What is being asked: Transcribe, word for word and with nothing extra, the line containing "pub data Sent : Type 0 where" and each line that comes after it in the entries.

Material for this exercise:
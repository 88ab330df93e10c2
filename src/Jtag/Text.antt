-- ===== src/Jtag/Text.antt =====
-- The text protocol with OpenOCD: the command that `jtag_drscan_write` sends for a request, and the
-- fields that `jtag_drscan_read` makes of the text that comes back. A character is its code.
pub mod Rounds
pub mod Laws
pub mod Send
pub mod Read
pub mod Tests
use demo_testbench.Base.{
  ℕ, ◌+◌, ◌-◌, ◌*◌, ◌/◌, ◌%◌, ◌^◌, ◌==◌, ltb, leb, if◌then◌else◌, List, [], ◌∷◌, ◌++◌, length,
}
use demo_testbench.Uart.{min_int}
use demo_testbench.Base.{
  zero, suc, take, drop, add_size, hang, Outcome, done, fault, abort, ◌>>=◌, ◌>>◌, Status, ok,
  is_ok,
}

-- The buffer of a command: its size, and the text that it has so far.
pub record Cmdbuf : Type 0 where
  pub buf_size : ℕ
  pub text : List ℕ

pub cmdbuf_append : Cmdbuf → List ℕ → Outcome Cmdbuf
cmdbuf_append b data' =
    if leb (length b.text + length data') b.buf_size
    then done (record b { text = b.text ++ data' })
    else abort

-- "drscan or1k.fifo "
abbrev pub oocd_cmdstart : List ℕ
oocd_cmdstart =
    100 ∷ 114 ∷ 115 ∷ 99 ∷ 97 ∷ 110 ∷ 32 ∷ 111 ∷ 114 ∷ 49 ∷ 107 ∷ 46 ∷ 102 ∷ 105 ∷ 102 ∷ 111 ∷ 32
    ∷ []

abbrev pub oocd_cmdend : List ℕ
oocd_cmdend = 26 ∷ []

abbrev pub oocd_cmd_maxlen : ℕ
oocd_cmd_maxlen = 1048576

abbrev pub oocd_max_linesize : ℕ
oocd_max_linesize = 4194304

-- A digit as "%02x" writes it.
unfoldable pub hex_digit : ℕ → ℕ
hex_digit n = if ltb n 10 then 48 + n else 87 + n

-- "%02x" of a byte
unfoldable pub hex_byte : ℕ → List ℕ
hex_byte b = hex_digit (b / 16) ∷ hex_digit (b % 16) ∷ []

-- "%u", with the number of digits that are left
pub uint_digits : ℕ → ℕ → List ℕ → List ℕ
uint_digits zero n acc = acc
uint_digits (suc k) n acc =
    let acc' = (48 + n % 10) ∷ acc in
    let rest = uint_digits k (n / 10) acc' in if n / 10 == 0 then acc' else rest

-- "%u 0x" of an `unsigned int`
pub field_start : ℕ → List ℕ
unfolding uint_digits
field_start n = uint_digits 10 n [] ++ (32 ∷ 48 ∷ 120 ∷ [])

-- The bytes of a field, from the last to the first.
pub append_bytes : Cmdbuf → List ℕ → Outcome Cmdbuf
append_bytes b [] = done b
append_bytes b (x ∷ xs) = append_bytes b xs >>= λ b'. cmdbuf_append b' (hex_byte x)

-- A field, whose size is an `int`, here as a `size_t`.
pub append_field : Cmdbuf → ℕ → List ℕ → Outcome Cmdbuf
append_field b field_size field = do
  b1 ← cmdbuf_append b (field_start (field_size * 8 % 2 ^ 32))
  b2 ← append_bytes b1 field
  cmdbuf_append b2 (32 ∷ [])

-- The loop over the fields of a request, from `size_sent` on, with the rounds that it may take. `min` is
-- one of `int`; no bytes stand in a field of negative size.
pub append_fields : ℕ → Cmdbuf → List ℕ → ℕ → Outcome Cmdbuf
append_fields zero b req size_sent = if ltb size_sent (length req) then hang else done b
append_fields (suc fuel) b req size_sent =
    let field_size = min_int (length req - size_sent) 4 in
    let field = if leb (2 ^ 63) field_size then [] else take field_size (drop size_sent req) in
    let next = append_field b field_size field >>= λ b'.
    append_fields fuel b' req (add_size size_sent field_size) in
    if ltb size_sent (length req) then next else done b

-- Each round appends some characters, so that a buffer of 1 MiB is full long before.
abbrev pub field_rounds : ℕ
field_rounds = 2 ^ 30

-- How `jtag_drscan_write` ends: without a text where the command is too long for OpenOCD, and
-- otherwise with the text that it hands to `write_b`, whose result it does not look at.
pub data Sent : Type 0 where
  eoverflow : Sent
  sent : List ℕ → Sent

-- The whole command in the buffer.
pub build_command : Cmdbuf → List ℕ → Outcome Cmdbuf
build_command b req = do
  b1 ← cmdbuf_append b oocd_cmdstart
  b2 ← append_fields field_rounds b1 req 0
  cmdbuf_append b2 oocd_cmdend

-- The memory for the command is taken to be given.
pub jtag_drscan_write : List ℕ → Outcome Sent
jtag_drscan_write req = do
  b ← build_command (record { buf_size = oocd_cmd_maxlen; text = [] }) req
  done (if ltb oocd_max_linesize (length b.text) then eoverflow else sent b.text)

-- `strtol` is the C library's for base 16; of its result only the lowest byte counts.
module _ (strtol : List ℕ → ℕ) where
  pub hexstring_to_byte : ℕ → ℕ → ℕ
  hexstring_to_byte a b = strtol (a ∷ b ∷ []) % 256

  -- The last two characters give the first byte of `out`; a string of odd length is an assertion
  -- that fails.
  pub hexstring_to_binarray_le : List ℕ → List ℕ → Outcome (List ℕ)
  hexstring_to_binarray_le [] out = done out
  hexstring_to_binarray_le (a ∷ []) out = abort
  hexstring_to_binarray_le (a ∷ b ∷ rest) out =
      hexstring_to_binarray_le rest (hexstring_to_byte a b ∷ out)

Written reply:
pub data Sent : Type 0 where
  eoverflow : Sent
  sent : List ℕ → Sent

-- The whole command in the buffer.
pub build_command : Cmdbuf → List ℕ → Outcome Cmdbuf
build_command b req = do
  b1 ← cmdbuf_append b oocd_cmdstart
  b2 ← append_fields field_rounds b1 req 0
  cmdbuf_append b2 oocd_cmdend

-- The memory for the command is taken to be given.
pub jtag_drscan_write : List ℕ → Outcome Sent
jtag_drscan_write req = do
  b ← build_command (record { buf_size = oocd_cmd_maxlen; text = [] }) req
  done (if ltb oocd_max_linesize (length b.text) then eoverflow else sent b.text)

-- `strtol` is the C library's for base 16; of its result only the lowest byte counts.
module _ (strtol : List ℕ → ℕ) where
  pub hexstring_to_byte : ℕ → ℕ → ℕ
  hexstring_to_byte a b = strtol (a ∷ b ∷ []) % 256

  -- The last two characters give the first byte of `out`; a string of odd length is an assertion
  -- that fails.
  pub hexstring_to_binarray_le : List ℕ → List ℕ → Outcome (List ℕ)
  hexstring_to_binarray_le [] out = done out
  hexstring_to_binarray_le (a ∷ []) out = abort
  hexstring_to_binarray_le (a ∷ b ∷ rest) out =
      hexstring_to_binarray_le rest (hexstring_to_byte a b ∷ out)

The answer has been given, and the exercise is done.